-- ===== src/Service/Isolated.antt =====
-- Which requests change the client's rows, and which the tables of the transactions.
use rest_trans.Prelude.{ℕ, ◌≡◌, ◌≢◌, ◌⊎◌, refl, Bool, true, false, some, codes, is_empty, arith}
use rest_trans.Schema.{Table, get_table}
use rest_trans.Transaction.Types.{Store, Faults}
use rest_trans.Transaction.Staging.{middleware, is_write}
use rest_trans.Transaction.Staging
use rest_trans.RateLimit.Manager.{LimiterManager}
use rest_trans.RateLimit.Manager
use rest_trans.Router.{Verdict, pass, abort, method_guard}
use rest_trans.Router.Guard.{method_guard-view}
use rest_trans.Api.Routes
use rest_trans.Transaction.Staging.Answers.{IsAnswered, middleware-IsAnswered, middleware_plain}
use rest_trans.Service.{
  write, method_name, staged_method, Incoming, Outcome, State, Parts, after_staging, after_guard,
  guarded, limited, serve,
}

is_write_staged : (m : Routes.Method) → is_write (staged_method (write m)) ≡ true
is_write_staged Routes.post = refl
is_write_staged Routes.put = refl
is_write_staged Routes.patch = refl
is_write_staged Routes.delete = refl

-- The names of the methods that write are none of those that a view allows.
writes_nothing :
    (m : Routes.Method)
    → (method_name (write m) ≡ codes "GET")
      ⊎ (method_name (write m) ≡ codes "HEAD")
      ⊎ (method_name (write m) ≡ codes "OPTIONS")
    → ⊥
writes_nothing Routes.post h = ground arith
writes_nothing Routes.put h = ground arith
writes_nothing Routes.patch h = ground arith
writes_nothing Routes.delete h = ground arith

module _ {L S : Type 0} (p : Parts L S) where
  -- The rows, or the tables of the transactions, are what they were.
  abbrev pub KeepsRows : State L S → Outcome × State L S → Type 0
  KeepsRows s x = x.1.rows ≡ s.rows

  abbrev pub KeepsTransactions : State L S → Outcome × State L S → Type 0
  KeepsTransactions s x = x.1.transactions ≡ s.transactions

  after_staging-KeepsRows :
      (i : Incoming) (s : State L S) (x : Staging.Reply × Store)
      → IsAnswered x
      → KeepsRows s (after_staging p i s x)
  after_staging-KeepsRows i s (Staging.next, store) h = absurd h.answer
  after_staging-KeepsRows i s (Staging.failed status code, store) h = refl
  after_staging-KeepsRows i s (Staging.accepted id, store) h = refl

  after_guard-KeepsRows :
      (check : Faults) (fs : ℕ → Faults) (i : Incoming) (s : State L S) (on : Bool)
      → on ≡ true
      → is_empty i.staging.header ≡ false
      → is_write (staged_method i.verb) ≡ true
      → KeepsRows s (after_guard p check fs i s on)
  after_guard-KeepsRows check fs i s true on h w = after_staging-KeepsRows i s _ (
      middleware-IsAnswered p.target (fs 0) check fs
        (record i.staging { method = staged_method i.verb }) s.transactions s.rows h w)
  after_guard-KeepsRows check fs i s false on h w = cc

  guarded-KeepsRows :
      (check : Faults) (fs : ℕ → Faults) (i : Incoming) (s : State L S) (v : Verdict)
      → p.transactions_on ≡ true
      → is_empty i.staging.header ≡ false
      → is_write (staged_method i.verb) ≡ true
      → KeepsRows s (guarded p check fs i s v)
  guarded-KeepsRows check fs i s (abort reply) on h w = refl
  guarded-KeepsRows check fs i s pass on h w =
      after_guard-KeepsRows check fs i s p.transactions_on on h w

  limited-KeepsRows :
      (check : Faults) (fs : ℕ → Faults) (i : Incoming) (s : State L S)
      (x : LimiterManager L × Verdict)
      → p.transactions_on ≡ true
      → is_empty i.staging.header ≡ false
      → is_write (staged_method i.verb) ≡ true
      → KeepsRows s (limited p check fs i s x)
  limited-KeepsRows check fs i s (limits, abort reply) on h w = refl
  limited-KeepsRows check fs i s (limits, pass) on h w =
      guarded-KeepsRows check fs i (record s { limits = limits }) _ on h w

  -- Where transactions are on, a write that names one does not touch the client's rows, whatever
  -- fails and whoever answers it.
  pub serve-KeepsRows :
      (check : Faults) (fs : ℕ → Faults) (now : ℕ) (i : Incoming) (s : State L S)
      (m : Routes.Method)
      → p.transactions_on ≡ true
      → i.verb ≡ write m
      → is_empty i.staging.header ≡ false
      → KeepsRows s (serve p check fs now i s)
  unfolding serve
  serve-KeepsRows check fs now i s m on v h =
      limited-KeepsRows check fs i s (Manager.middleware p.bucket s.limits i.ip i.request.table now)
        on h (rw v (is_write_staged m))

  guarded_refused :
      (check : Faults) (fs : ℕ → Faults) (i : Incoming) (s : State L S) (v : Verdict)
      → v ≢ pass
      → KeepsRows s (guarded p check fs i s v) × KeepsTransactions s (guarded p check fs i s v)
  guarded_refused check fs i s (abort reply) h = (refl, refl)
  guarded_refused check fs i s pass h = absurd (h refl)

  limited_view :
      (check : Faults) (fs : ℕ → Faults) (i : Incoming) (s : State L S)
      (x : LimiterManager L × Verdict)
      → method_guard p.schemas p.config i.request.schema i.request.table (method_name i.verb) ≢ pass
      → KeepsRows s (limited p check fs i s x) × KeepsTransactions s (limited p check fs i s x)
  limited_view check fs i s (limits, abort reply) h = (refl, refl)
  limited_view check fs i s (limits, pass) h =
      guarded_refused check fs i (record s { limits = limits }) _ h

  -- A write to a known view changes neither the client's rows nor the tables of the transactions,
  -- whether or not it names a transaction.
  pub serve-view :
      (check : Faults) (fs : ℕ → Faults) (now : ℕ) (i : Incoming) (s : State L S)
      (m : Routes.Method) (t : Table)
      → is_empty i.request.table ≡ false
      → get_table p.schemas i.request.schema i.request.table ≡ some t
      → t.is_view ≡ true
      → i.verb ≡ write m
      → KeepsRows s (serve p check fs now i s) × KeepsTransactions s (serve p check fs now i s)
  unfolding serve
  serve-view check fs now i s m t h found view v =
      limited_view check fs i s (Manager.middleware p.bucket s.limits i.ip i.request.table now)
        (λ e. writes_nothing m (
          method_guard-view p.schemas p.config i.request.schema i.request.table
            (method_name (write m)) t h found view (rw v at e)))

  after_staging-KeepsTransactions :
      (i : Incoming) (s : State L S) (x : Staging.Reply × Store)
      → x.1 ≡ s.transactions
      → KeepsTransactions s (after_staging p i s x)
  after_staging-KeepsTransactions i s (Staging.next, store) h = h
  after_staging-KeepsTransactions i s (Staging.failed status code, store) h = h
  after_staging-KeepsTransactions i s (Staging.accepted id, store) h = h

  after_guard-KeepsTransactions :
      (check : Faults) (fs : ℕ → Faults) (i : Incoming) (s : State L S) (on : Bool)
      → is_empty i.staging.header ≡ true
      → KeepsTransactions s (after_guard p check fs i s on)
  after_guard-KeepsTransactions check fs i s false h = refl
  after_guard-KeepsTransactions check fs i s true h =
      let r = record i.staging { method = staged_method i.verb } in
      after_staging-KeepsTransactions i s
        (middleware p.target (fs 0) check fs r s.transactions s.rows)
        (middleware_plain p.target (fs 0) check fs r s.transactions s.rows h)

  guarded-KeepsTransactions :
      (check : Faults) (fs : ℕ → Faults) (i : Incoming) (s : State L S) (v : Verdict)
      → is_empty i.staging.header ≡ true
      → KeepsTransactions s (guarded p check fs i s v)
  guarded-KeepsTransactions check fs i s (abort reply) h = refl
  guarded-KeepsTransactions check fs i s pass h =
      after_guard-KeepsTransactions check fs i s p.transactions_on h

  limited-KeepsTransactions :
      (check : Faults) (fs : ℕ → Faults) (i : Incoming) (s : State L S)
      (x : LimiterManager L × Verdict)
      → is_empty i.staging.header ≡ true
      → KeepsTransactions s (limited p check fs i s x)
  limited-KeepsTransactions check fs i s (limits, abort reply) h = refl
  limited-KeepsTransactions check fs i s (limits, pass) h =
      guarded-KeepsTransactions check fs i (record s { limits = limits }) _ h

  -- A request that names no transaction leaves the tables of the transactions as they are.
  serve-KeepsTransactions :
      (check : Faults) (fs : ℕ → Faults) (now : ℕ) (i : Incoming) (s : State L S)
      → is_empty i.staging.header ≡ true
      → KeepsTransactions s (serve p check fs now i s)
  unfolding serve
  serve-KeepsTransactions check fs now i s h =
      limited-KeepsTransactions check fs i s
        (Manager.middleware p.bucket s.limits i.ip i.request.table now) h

# # # # #

## YOUR OBJECTIVE
Return only the number of lines in the records above that include the string "tables".

## OUTPUT OF THE EXERCISE
4